**RECORDS SUPPLIED**
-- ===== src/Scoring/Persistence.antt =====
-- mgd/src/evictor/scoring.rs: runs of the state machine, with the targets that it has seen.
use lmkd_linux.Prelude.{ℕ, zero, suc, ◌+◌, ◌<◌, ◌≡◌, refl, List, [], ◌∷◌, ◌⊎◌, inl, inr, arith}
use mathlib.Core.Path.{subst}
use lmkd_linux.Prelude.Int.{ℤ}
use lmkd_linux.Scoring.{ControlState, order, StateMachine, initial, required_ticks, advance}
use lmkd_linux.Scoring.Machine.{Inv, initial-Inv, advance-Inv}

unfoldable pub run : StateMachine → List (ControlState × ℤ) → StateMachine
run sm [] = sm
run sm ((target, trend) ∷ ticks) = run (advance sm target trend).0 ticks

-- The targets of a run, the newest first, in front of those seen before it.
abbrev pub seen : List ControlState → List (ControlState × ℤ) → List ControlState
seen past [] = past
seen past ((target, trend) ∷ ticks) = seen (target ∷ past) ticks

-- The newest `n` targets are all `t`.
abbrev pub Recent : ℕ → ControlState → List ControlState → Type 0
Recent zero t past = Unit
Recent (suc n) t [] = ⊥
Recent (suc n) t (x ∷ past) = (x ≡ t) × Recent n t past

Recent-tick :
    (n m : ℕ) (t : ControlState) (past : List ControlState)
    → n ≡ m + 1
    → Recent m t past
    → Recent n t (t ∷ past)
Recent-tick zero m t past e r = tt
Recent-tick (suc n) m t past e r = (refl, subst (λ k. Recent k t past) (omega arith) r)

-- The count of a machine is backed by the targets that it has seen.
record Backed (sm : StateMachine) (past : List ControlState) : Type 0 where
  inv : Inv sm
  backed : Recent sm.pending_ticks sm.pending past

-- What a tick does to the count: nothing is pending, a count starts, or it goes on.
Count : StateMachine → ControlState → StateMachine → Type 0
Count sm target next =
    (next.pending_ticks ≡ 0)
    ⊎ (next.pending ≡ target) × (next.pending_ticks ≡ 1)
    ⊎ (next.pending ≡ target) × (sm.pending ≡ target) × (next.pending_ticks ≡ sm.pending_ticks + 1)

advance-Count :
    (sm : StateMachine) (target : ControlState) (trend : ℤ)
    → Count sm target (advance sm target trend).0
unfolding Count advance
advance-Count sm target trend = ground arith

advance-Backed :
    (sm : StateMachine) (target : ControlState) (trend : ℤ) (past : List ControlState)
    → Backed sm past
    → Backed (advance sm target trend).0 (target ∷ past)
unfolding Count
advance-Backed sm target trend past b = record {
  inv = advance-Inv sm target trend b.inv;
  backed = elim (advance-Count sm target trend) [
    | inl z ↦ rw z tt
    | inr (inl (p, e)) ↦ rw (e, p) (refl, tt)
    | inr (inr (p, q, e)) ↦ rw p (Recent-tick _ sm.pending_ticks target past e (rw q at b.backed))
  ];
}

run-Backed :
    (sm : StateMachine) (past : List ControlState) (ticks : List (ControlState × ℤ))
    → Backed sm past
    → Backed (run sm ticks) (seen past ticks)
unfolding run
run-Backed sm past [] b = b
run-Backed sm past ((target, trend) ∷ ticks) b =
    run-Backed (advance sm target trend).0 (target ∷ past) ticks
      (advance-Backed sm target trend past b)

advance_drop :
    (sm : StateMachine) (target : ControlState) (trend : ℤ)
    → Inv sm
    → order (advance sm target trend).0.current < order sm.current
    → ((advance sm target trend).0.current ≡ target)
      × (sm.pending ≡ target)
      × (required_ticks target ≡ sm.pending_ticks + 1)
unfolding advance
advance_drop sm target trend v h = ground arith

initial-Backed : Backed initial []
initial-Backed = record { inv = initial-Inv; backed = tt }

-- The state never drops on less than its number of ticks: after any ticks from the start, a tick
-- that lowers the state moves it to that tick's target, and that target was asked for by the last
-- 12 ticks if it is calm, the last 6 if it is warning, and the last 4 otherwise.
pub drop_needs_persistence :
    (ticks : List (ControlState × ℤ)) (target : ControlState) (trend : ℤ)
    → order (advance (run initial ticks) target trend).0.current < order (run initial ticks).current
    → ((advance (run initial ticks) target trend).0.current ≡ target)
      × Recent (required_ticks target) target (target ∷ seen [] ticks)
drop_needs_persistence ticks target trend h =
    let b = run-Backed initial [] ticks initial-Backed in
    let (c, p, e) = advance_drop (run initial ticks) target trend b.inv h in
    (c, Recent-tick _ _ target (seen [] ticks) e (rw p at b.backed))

**WHAT YOU ARE ASKED TO DO**
Quote every line from the line containing "(advance-Backed sm target trend past b)" through the closing line of the listing, including both.

**OUTPUT OF THE EXERCISE**
      (advance-Backed sm target trend past b)

advance_drop :
    (sm : StateMachine) (target : ControlState) (trend : ℤ)
    → Inv sm
    → order (advance sm target trend).0.current < order sm.current
    → ((advance sm target trend).0.current ≡ target)
      × (sm.pending ≡ target)
      × (required_ticks target ≡ sm.pending_ticks + 1)
unfolding advance
advance_drop sm target trend v h = ground arith

initial-Backed : Backed initial []
initial-Backed = record { inv = initial-Inv; backed = tt }

-- The state never drops on less than its number of ticks: after any ticks from the start, a tick
-- that lowers the state moves it to that tick's target, and that target was asked for by the last
-- 12 ticks if it is calm, the last 6 if it is warning, and the last 4 otherwise.
pub drop_needs_persistence :
    (ticks : List (ControlState × ℤ)) (target : ControlState) (trend : ℤ)
    → order (advance (run initial ticks) target trend).0.current < order (run initial ticks).current
    → ((advance (run initial ticks) target trend).0.current ≡ target)
      × Recent (required_ticks target) target (target ∷ seen [] ticks)
drop_needs_persistence ticks target trend h =
    let b = run-Backed initial [] ticks initial-Backed in
    let (c, p, e) = advance_drop (run initial ticks) target trend b.inv h in
    (c, Recent-tick _ _ target (seen [] ticks) e (rw p at b.backed))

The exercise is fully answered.